After last night we wised up to the use of public transport and managed to get a bus to take us into the City Centre (a rather long walk if done without the help of the bus) and managed to find out that the last bus left at 11pm. We had our map and off we set - I wasn’t paying as much attention to where we were going as what I should have been as I spent too much time picking my jaw up off the floor at the sights !!!! We landed up on the outskirts of the city on the side we didn’t really want to be on so we walked back up to the City Centre (Plaza Zocodover) and started all over again. This time I gave the map to Kaitlin so that I could spend more time looking at the narrow cobble stoned roads and the amazing architecture. I can’t say enough about how amazing it is - the trouble is that the photos really don’t do it justice either.

I was reading in the Lonely Planets guide that the city is slowly dying as nobody wants to live within the city limits and eventually they expect it will consist only of souvenir shops, ice-cream parlours, cafes and bars. Everyone is moving down the side of the hill, outside the city limits, and living and working in the surrounding areas. I have to say that I can’t imagine living there and having to battle to find parking each day (I know some people in Sydney who have to do this anyway !!!!) - driving down street barely wide enough for your car at the same time as having to miss hitting the tourists who flock there in their thousands. It seems to me that a lot of the people who live there are elderly people who have maybe lived there for years and years and don’t want to move away. It had the feel a real community living - something which the Spaniards do very well. Unfortunately there was still a lot of graffiti around which was sad to see.

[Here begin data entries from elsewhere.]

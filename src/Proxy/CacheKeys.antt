-- ===== src/Proxy/CacheKeys.antt =====
-- `CacheKey` (shared/origin/origin.go) tells specs apart.
use Prim.Native.String.{◌++◌}
use lightscale.Prelude.{◌≡◌, refl, sym, ap, ◌∙◌, String, some, nat_eq}
use lightscale.Strings.{cut}
use lightscale.Strings.Parts.{Without, cut-append}
use lightscale.Origin.{Spec}
use lightscale.Proxy.{cache_key}

cut-cache_key :
    (s : Spec)
    → Without 0 s.kind
    → cut 0 (cache_key s) ≡ some (s.kind, s.value ++ String.◌∷◌ "\0" s.network)
unfolding cache_key
cut-cache_key s h = cut-append 0 s.kind "\0" _ refl h

-- Two specs with the same cache key are the same, if no kind and no value has a NUL character.
pub cache_key-injective :
    (s t : Spec)
    → Without 0 s.kind
    → Without 0 t.kind
    → Without 0 s.value
    → Without 0 t.value
    → cache_key s ≡ cache_key t
    → s ≡ t
cache_key-injective s t sk tk sv tv e =
    let heads : some (s.kind, s.value ++ String.◌∷◌ "\0" s.network)
        ≡ some (t.kind, t.value ++ String.◌∷◌ "\0" t.network) =
      sym (cut-cache_key s sk) ∙ ap (cut 0) e ∙ cut-cache_key t tk in
    let kinds : s.kind ≡ t.kind = cc heads in
    let rests : s.value ++ String.◌∷◌ "\0" s.network ≡ t.value ++ String.◌∷◌ "\0" t.network =
      cc heads in
    let tails : some (s.value, s.network) ≡ some (t.value, t.network) =
      sym (cut-append 0 s.value "\0" s.network refl sv)
      ∙ ap (cut 0) rests
      ∙ cut-append 0 t.value "\0" t.network refl tv in
    let values : s.value ≡ t.value = cc tails in
    let networks : s.network ≡ t.network = cc tails in
    λ i. record { kind = kinds i; value = values i; network = networks i }
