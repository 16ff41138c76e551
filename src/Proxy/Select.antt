-- ===== src/Proxy/Select.antt =====
-- What `selectEndpoint` of daemon/proxy/resolver.go picks.
use lightscale.Prelude.{
  ℕ, ◌≡◌, refl, String, Bool, true, ◌&&◌, Option, none, some, List, [], ◌∷◌, keep, find_first,
  In_of_find_first, All_at, ◌∙◌, Bool-cases, inl, inr, All, keep_passes,
}
use lightscale.Prelude.Result.{Result, ok, err}
use lightscale.Docker.{Endpoint}
use lightscale.Proxy.{
  Target, ResolveError, safe, or_first, pick_first, probes, target_of, select_from, select_endpoint,
}

abbrev pub first_of : Option Endpoint → List Endpoint → Option Endpoint
first_of (some ep) eps = some ep
first_of none [] = none
first_of none (ep ∷ eps) = some ep

-- the endpoint that answered, or else the first candidate
abbrev pub or_pick :
    Bool → Option Endpoint → List Endpoint → Option Endpoint → Result ResolveError Target
or_pick probed first eps (some ep) = ok (target_of ep "runtime socket, probe confirmed")
or_pick probed first eps none = pick_first probed (first_of first eps)

-- The choice in two passes: the safe endpoints, then the first of them that answers the probe if
-- connections are tried, else the first of them.
abbrev pub chosen :
    (String → ℕ → Bool) → ℕ → String → Option Endpoint → List Endpoint → Result ResolveError Target
chosen probe port proto first candidates =
    or_pick (probes proto port) first candidates
      (find_first (λ ep. probes proto port && probe ep.ip port) candidates)

abbrev pub safe_of : List Endpoint → List Endpoint
safe_of eps = keep (λ ep. safe ep.ip) eps

shift :
    (probed : Bool) (first : Option Endpoint) (ep : Endpoint) (eps : List Endpoint)
    (answer : Option Endpoint)
    → or_pick probed (or_first first ep) eps answer ≡ or_pick probed first (ep ∷ eps) answer
shift probed first ep eps (some a) = refl
shift probed (some f) ep eps none = refl
shift probed none ep eps none = refl

select_from_lem :
    (probe : String → ℕ → Bool) (port : ℕ) (proto : String) (first : Option Endpoint)
    (eps : List Endpoint)
    → select_from probe port proto first eps ≡ chosen probe port proto first (safe_of eps)
unfolding select_from keep find_first
select_from_lem probe port proto none [] = refl
select_from_lem probe port proto (some f) [] = refl
select_from_lem probe port proto first (ep ∷ eps) = elim (Bool-cases (safe ep.ip)) [
  | inl s ↦ elim (Bool-cases (probes proto port && probe ep.ip port)) [
    | inl p ↦ rw (s, p) refl
    | inr p ↦
        rw (s, p)
          (select_from_lem probe port proto (or_first first ep) eps
            ∙ shift (probes proto port) first ep (safe_of eps) _)
  ]
  | inr s ↦ rw s (select_from_lem probe port proto first eps)
]

-- selectEndpoint picks, of the endpoints that SafeBackendIP lets pass, the first that answers the
-- probe, if the protocol is "tcp" and the port is not 0; else, or if none answers, the first of them.
-- It errs if there is none.
pub select_endpoint_lem :
    (probe : String → ℕ → Bool) (eps : List Endpoint) (port : ℕ) (proto : String)
    → select_endpoint probe eps port proto ≡ chosen probe port proto none (safe_of eps)
unfolding select_endpoint select_from
select_endpoint_lem probe eps port proto = select_from_lem probe port proto none eps

abbrev pub Safe : Result ResolveError Target → Type 0
Safe (ok t) = safe t.dial_host ≡ true
Safe (err _) = Unit

Safe-or_pick :
    (probed : Bool) (eps : List Endpoint) (answer : Option Endpoint)
    → All (λ ep. safe ep.ip ≡ true) eps
    → ((ep : Endpoint) → answer ≡ some ep → safe ep.ip ≡ true)
    → Safe (or_pick probed none eps answer)
Safe-or_pick probed eps (some ep) h k = k ep refl
Safe-or_pick probed [] none h k = tt
Safe-or_pick probed (ep ∷ eps) none h k = h.0

-- selectEndpoint returns no address that SafeBackendIP refuses.
pub Safe-select_endpoint :
    (probe : String → ℕ → Bool) (eps : List Endpoint) (port : ℕ) (proto : String)
    → Safe (select_endpoint probe eps port proto)
Safe-select_endpoint probe eps port proto =
    let all : All (λ ep. safe ep.ip ≡ true) (safe_of eps) = keep_passes (λ ep. safe ep.ip) eps in
    rw (select_endpoint_lem probe eps port proto) (
      Safe-or_pick (probes proto port) (safe_of eps) _ all
        (λ ep e. All_at _ (safe_of eps) all (In_of_find_first _ (safe_of eps) e)))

We stopped at one cafĂ© for dinner - Al had spaghetti bolognaise, Kaitlin had fettucine fungi and I had paella - it was delicious. They served it in a cast iron skillet and it was just wonderful. We decided to make this Al’s birthday dinner as we hadn’t really had a birthday dinner for him when we were out with Ignacio. We managed to catch a bus at about 10.20pm and after the walk from the bus stop to the hotel got here, showered and the other two are in bed and asleep. The bath is the smallest bath I have ever seen (or used) it is even smaller than the bath we used to have in the house where I grew up !!!!!!

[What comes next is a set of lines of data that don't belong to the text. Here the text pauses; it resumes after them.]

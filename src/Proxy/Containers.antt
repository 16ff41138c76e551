-- ===== src/Proxy/Containers.antt =====
-- daemon/proxy/resolver.go with the client of daemon/docker/client.go: the addresses of containers.
use mathlib.Core.Path.{subst}
use Prim.Native.Char.{Char, code}
use lightscale.Prelude.{
  ℕ, ◌≡◌, ◌≢◌, refl, sym, ◌∙◌, String, Bool, true, Option, none, some, List, [], ◌∷◌, inl, inr, ◌⊎◌,
  Bool-cases, ◌==◌, eq_of_==, nat_eq, string_eq, In_of_any, In_of_find_first, In, here,
  In_of_In-keep, All_at, arith,
}
use lightscale.Prelude.Result.{Result, ok, err}
use lightscale.Origin.{Spec}
use lightscale.Docker.{
  Endpoint, Networks, Container, DockerError, matches_name, trim_slash, container_endpoints,
}
use lightscale.Docker.Listed.{Listed, container_endpoints-Listed}
use lightscale.Proxy.Select.{Safe, Safe-select_endpoint, or_pick, safe_of, select_endpoint_lem}
use lightscale.Proxy.{World, Target, Docker, safe, probes, select_endpoint, inspected, by_docker}

-- a client of the runtime, which has the containers, as the resolver sees it
abbrev pub answered : Result DockerError (List Endpoint) → Option (List Endpoint)
answered (ok eps) = some eps
answered (err e) = none

abbrev pub client_of : List Container → List String → Docker
client_of containers self name network =
    answered (container_endpoints (some (some containers)) self name network)

-- the target is one of the endpoints
abbrev pub Among : List Endpoint → Target → Type 0
Among eps t = (ep : Endpoint) × In ep eps × (t.dial_host ≡ ep.ip) × (t.network ≡ ep.network)

Among-or_pick :
    (probed : Bool) (eps : List Endpoint) (answer : Option Endpoint) (t : Target)
    → ((ep : Endpoint) → answer ≡ some ep → In ep eps)
    → or_pick probed none eps answer ≡ ok t
    → Among eps t
Among-or_pick probed eps (some ep) t f h = (ep, f ep refl, ground arith, ground arith)
Among-or_pick probed [] none t f h = cc h
Among-or_pick probed (ep ∷ eps) none t f h = (ep, here refl, ground arith, ground arith)

Among-select_endpoint :
    (probe : String → ℕ → Bool) (eps : List Endpoint) (port : ℕ) (proto : String) (t : Target)
    → select_endpoint probe eps port proto ≡ ok t
    → Among eps t
Among-select_endpoint probe eps port proto t h =
    let (ep, m, a, b) =
      Among-or_pick (probes proto port) (safe_of eps) _ t
        (λ ep e. In_of_find_first _ (safe_of eps) e)
        (sym (select_endpoint_lem probe eps port proto) ∙ h) in
    (ep, In_of_In-keep _ eps m, a, b)

-- The text is the name with a slash (of code 47) before it, or the name itself, which then does not
-- start with a slash.
abbrev pub Bare : String → String → Type 0
Bare s name =
    ((c : Char) × (code c ≡ 47) × (s ≡ String.◌∷◌ c name))
    ⊎ ((s ≡ name) × ((c : Char) (t : String) → s ≡ String.◌∷◌ c t → code c ≢ 47))

trim_slash-Bare : (s : String) → Bare s (trim_slash s)
trim_slash-Bare String.[] = inr (refl, λ c t e. absurd (cc e))
trim_slash-Bare (String.◌∷◌ c s) = elim (Bool-cases (code c == 47)) [
  | inl e ↦ rw e (inl (c, eq_of_== (code c) 47 e, refl))
  | inr e ↦ rw e (inr (refl, λ d t same of. absurd (cc (e, of, same))))
]

-- One of the names is, up to a slash before it, the one that is asked for.
abbrev pub Named : List String → String → Type 0
Named names asked = (n : String) × (bare : String) × In n names × Bare n bare × Bare asked bare

matches_name-Named :
    (names : List String) (asked : String)
    → matches_name names (trim_slash asked) ≡ true
    → Named names asked
unfolding matches_name
matches_name-Named names asked h =
    let (n, m, t) = In_of_any (λ n. trim_slash n == trim_slash asked) names h in
    let e : trim_slash n ≡ trim_slash asked = eq_of_== (trim_slash n) (trim_slash asked) t in
    (n, trim_slash asked, m, rw e at (trim_slash-Bare n), trim_slash-Bare asked)

-- The target is an address, in one of its networks, of a container one of whose names is, up to
-- a slash before it, that of the spec, in the network of the spec if it has one, and SafeBackendIP lets it pass.
pub record Reached (spec : Spec) (containers : List Container) (t : Target) : Type 0 where
  pub container : Container
  pub networks : Networks
  pub listed : In container containers
  pub named : Named container.names spec.value
  pub settings : container.network_settings ≡ some networks
  pub attached : In (t.network, some t.dial_host) networks
  pub asked : spec.network ≢ "" → t.network ≡ spec.network
  pub is_safe : safe t.dial_host ≡ true

reached :
    (w : World) (spec : Spec) (port : ℕ) (proto : String) (containers : List Container) (t : Target)
    (eps : List Endpoint)
    → Listed spec.value spec.network containers eps
    → select_endpoint w.probe eps port proto ≡ ok t
    → Reached spec containers t
reached w spec port proto containers t eps l h =
    let (ep, m, host, network) = Among-select_endpoint w.probe eps port proto t h in
    let all : Safe (select_endpoint w.probe eps port proto) =
      Safe-select_endpoint w.probe eps port proto in
    let there : In (ep.network, some ep.ip) l.networks = (All_at _ eps l.attached_to m).0 in
    record {
      container = l.container;
      networks = l.networks;
      listed = l.listed;
      named = matches_name-Named l.container.names spec.value l.named;
      settings = l.settings;
      attached =
          subst (λ (x : String × Option String). In x l.networks)
            (λ i. (sym network i, some (sym host i))) there;
      asked = λ n. network ∙ All_at _ eps (l.asked n) m;
      is_safe = rw h at all;
    }

module _ (w : World) (spec : Spec) (port : ℕ) (proto : String) (containers : List Container)
    (self : List String) (t : Target) where
  inspected-Reached :
      (o : Result DockerError (List Endpoint))
      → container_endpoints (some (some containers)) self spec.value spec.network ≡ o
      → inspected w port proto (answered o) ≡ ok t
      → Reached spec containers t
  inspected-Reached (err e) q h = cc h
  inspected-Reached (ok eps) q h =
      reached w spec port proto containers t eps
        (container_endpoints-Listed containers self spec.value spec.network eps q) h

  -- A target that resolveContainer has from the runtime is an address, in one of its networks, of a
  -- container one of whose names is, up to a slash before it, that of the spec, in the network of the
  -- spec if it has one, and SafeBackendIP lets it pass.
  pub by_docker-Reached :
      by_docker w spec port proto (some (client_of containers self)) ≡ ok t
      → Reached spec containers t
  by_docker-Reached h = inspected-Reached _ refl h
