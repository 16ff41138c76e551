-- ===== src/Proxy/Forgotten.antt =====
-- daemon/proxy/resolver.go: what Invalidate and SetDocker forget.
use lightscale.Prelude.{
  ℕ, ◌≡◌, refl, ◌+◌, sym, ap, ◌∙◌, String, Option, none, some, get, get-delete, Bool-cases, inl,
  inr, arith, ◌==◌, ◌&&◌, string_eq, ==_of_eq,
}
use lightscale.Prelude.Result.{Result, ok, err, Result-cases}
use lightscale.Origin.{Spec, validate}
use lightscale.Origin.Validation.{normal, validate_iff}
use lightscale.Proxy.{
  World, Target, Docker, BackendResolver, ResolveError, new_resolver, cached, cache_key, invalidate,
  or_cached, remembered, addr_ttl, name_ttl, named, by_docker, resolves, resolve, resolve_kind,
  resolve_hostname, resolve_container,
}

same_answer :
    (o : Option Target) (r q : BackendResolver) (spec : Spec) (n : ℕ)
    (f : Result ResolveError Target)
    → (or_cached o r (remembered r spec n f)).0 ≡ (or_cached o q (remembered q spec n f)).0
same_answer (some t) r q spec n f = refl
same_answer none r q spec n (ok t) = refl
same_answer none r q spec n (err e) = refl

module _ (w : World) (spec : Spec) (port : ℕ) (proto : String) (r q : BackendResolver)
    (c : cached r spec w.started ≡ cached q spec w.started) (d : r.docker ≡ q.docker) where
  same_hostname : (resolve_hostname w spec r).0 ≡ (resolve_hostname w spec q).0
  unfolding resolve_hostname
  same_hostname = rw c (same_answer (cached q spec w.started) r q spec _ _)

  same_container :
      (resolve_container w spec port proto r).0 ≡ (resolve_container w spec port proto q).0
  unfolding resolve_container
  same_container = elim (Bool-cases ((spec.network == "") && resolves (w.lookup_host spec.value))) [
    | inl e ↦
        rw (e, c)
          (same_answer (cached q spec w.started) r q spec (w.finished + name_ttl)
            (ok (named spec.value "runtime dns (shared network)")))
    | inr e ↦
        let asked : Option Docker → Result ResolveError Target = by_docker w spec port proto in
        rw (e, c)
          (ap
              (λ d.
                (or_cached (cached q spec w.started) r
                  (remembered r spec (w.finished + addr_ttl) (asked d))).0)
              d
            ∙ same_answer (cached q spec w.started) r q spec _ (asked q.docker))
  ]

  same_kind : (resolve_kind w spec port proto r).0 ≡ (resolve_kind w spec port proto q).0
  unfolding resolve_kind
  same_kind = ground (arith, same_hostname, same_container)

cached-invalidate :
    (r : BackendResolver) (spec : Spec) (now : ℕ) → cached (invalidate r spec) spec now ≡ none
unfolding cached invalidate
cached-invalidate r spec now =
    rw
      (
        get-delete (cache_key spec) (cache_key spec) r.cache,
        ==_of_eq (cache_key spec) (cache_key spec) refl,
      )
      refl

cached-new_resolver :
    (d : Option Docker) (spec : Spec) (now : ℕ) → cached (new_resolver d) spec now ≡ none
unfolding cached new_resolver get
cached-new_resolver d spec now = refl

docker-invalidate :
    (r : BackendResolver) (spec : Spec)
    → (invalidate r spec).docker ≡ (new_resolver r.docker).docker
unfolding invalidate new_resolver
docker-invalidate r spec = refl

-- After Invalidate of a spec in the form that Validate returns, Resolve of the spec answers what a new
-- resolver with the same client would: nothing that was found before is used.
pub resolve-invalidate :
    (w : World) (spec : Spec) (port : ℕ) (proto : String) (r : BackendResolver)
    → (resolve w spec port proto (invalidate r (normal spec))).0
      ≡ (resolve w spec port proto (new_resolver r.docker)).0
unfolding resolve
resolve-invalidate w spec port proto r = elim (Result-cases (validate spec)) [
  | inl (t, e) ↦
      let (same, well) = (validate_iff spec t).0 e in
      let forgotten =
        cached-invalidate r (normal spec) w.started
        ∙ sym (cached-new_resolver r.docker (normal spec) w.started) in
      rw (e, same)
        (same_kind w (normal spec) port proto (invalidate r (normal spec)) (new_resolver r.docker)
          forgotten (docker-invalidate r (normal spec)))
  | inr (e, bad) ↦ rw bad refl
]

I really feel that if I had to go home tomorrow, I would have had my money’s worth on this holiday - it has been such a fantastic experience. There are many times when I have compared Spain to other places we have travelled to - there are many similarities but there are also so many differences. We are still not used to having to put up with people smoking wherever we go - we got into the hire car on Thursday and the first thing Al said was “People have smoked in here” - I really appreciate the stance that Australia has taken with people smoking in public places. I truly believe you have to travel before you can fully appreciate what you have at home.

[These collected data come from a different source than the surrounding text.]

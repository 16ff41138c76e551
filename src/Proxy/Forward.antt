-- ===== src/Proxy/Forward.antt =====
-- daemon/proxy/tcp.go and udp.go: the connections and datagrams that the daemon forwards to the
-- backends of services. The dial of the backend is a parameter: the local address of the connection
-- and the number that its `Close` is known by, or an error. The bytes, the replies of udp.go and the
-- times at which its flows were last used are not modelled.
-- An address of a peer is its host, its port and its text.
pub mod Allowed
pub mod Always
pub mod Consistent
mod Tests
use lightscale.Prelude.{
  ℕ, ◌≡◌, String, Bool, true, false, ◌&&◌, Option, none, some, List, [], ◌∷◌, Map, get, put, delete,
  Eq, string_eq, nat_eq, ◌==◌, ◌↔◌, if◌then◌else◌,
}
use lightscale.Prelude.Result.{Result, ok, err}
use lightscale.Origin.{Spec}
use lightscale.Policy.{Index, UserSnapshot, ServiceSnapshot}
use lightscale.Policy.FlowTable.{Flow, FlowTable, add, remove}
use lightscale.Policy.Resolver.{Decision, allow, deny, ServiceVerdict, check_service}
use lightscale.Proxy.{World, Target, BackendResolver, ResolveError, resolve, invalidate}

pub record Peer : Type 0 where
  pub host : String
  pub port : ℕ
  pub text : String

-- The dial of a backend: `unresolved` where ResolveUDPAddr fails, `refused` where the dial itself does.
pub data Dialled : Type 0 where
  connected : String × ℕ → Dialled
  refused unresolved : Dialled

abbrev pub Dial : Type 0
Dial = String → ℕ → Dialled

-- `DialContext` of tcp.go resolves and connects in one step.
abbrev pub one_step : Dialled → Dialled
one_step (connected backend) = connected backend
one_step refused = refused
one_step unresolved = refused

abbrev pub accepted : ServiceVerdict → Option (UserSnapshot × ServiceSnapshot)
accepted (allow, some user, some svc) = some (user, svc)
accepted _ = none

abbrev pub flow_of : UserSnapshot → ServiceSnapshot → ℕ → String → String → String × ℕ → Flow
flow_of user svc port proto src (local_addr, conn) = record {
  src_user_id = user.id;
  object_type = "service";
  object_id = svc.id;
  port = port;
  protocol = proto;
  src_addr = src;
  backend_local_addr = local_addr;
  close = some conn;
}

-- what the handlers share
pub record State : Type 0 where
  pub flows : FlowTable
  pub resolver : BackendResolver

-- what follows the dial: the flow's id, or `none`, and the target is forgotten if it was refused
abbrev pub dialled :
    UserSnapshot → ServiceSnapshot → ℕ → String → String → Dialled → State → Option ℕ × State
dialled user svc port proto src unresolved s = (none, s)
dialled user svc port proto src refused s =
    (none, record s { resolver = invalidate s.resolver svc.origin })
dialled user svc port proto src (connected backend) s =
    let (flows, id) = add s.flows (flow_of user svc port proto src backend) in
    (some id, record s { flows = flows })

abbrev pub resolved :
    Dial
    → UserSnapshot
    → ServiceSnapshot
    → ℕ
    → String
    → String
    → State
    → Result ResolveError Target × BackendResolver
    → Option ℕ × State
resolved dial user svc port proto src s (err e, r) = (none, record s { resolver = r })
resolved dial user svc port proto src s (ok t, r) =
    dialled user svc port proto src (dial t.dial_host port) (record s { resolver = r })

-- from Resolve to Add, which both handlers do alike
unfoldable pub open_flow :
    World → Dial → UserSnapshot → ServiceSnapshot → ℕ → String → String → State → Option ℕ × State
open_flow w dial user svc port proto src s =
    resolved dial user svc port proto src s (resolve w svc.origin port proto s.resolver)

abbrev pub open_accepted :
    World
    → Dial
    → Option (UserSnapshot × ServiceSnapshot)
    → ℕ
    → String
    → String
    → State
    → Option ℕ × State
open_accepted w dial none port proto src s = (none, s)
open_accepted w dial (some (user, svc)) port proto src s =
    open_flow w dial user svc port proto src s

-- `Handle` of the TCPHandler up to `splice`: the id of the flow, `none` if the connection is closed
unfoldable pub handle_tcp : World → Dial → Index → Peer → String → ℕ → State → Option ℕ × State
unfolding open_flow
handle_tcp w dial idx peer dst_ip dst_port s =
    open_accepted w (λ host port. one_step (dial host port))
      (accepted (check_service idx peer.host dst_ip dst_port "tcp")) dst_port "tcp" peer.text s

-- the deferred Remove, after `splice`
unfoldable pub close_flow : ℕ → State → State
close_flow id s = record s { flows = remove s.flows id }

-- `udpKey`
pub record UdpKey : Type 0 where
  pub src_ip : String
  pub src_port : ℕ
  pub dst_vip : String
  pub dst_port : ℕ

unfoldable pub same_key : UdpKey → UdpKey → Bool
same_key a b =
    (a.src_ip == b.src_ip)
    && ((a.src_port == b.src_port) && ((a.dst_vip == b.dst_vip) && (a.dst_port == b.dst_port)))

-- the map of the UDPHandler: the ids of the flows
abbrev pub UdpFlows : Type 0
UdpFlows = List (UdpKey × ℕ)

unfoldable pub find_flow : UdpKey → UdpFlows → Option ℕ
find_flow key [] = none
find_flow key ((k, id) ∷ flows) =
    let rest = find_flow key flows in if same_key k key then some id else rest

unfoldable pub without : UdpKey → UdpFlows → UdpFlows
without key [] = []
without key ((k, id) ∷ flows) =
    let rest = without key flows in if same_key k key then rest else (k, id) ∷ rest

-- a flow that was opened is put into the map
abbrev pub kept_open : UdpKey → UdpFlows → Option ℕ × State → Option ℕ × UdpFlows × State
kept_open key udp (none, s) = (none, udp, s)
kept_open key udp (some id, s) = (some id, (key, id) ∷ without key udp, s)

abbrev pub use_flow :
    World
    → Dial
    → UdpKey
    → String
    → UserSnapshot
    → ServiceSnapshot
    → UdpFlows
    → State
    → Option ℕ
    → Option ℕ × UdpFlows × State
use_flow w dial key src user svc udp s (some id) = (some id, udp, s)
use_flow w dial key src user svc udp s none =
    kept_open key udp (open_flow w dial user svc key.dst_port "udp" src s)

abbrev pub use_accepted :
    World
    → Dial
    → UdpKey
    → String
    → Option (UserSnapshot × ServiceSnapshot)
    → UdpFlows
    → State
    → Option ℕ × UdpFlows × State
use_accepted w dial key src none udp s = (none, udp, s)
use_accepted w dial key src (some (user, svc)) udp s =
    use_flow w dial key src user svc udp s (find_flow key udp)

abbrev pub key_of : Peer → String → ℕ → UdpKey
key_of peer dst_vip dst_port = record {
  src_ip = peer.host;
  src_port = peer.port;
  dst_vip = dst_vip;
  dst_port = dst_port;
}

-- `HandlePacket`: the id of the flow that the datagram is sent on, `none` if it is dropped
unfoldable pub handle_packet :
    World → Dial → Index → Peer → String → ℕ → UdpFlows → State → Option ℕ × UdpFlows × State
unfolding open_flow find_flow without
handle_packet w dial idx peer dst_vip dst_port udp s =
    use_accepted w dial (key_of peer dst_vip dst_port) peer.text
      (accepted (check_service idx peer.host dst_vip dst_port "udp")) udp s

abbrev pub removed : Option ℕ → State → State
removed none s = s
removed (some id) s = close_flow id s

-- `removeFlow`
unfoldable pub remove_flow : UdpKey → UdpFlows → State → UdpFlows × State
unfolding close_flow find_flow without
remove_flow key udp s = (without key udp, removed (find_flow key udp) s)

I would also like to have some down time - this past week has been totally exhausting. Between the long flights over - 3 days of jumping on and off buses - together with all the walking we have done - plus with Al not used to the roads and not knowing where we are going, I haven’t been able to do my usual ‘get in the car and 20 mins later I’m asleep’ trick as it wouldn’t be fair to leave him to try to navigate it all by himself. I guess I could sit in the back and leave Kaitlin in the front except she has been sleeping a lot of the time in the back herself !!!!!! I would rather she slept and didn’t turn into Miss CrankyPants than I slept and make us both have to live with her !!!!

It is now 1.10am and if I am going to want to get up tomorrow morning to do another whirlwind walk through Toledo before leaving for Malaga, I had better get to sleep - it should be a fun night as not only are we in a double bed (we are used to a king size bed) - we only have one looooooooooooooooooong pillow to share between us (instead of our usual 4) !!!!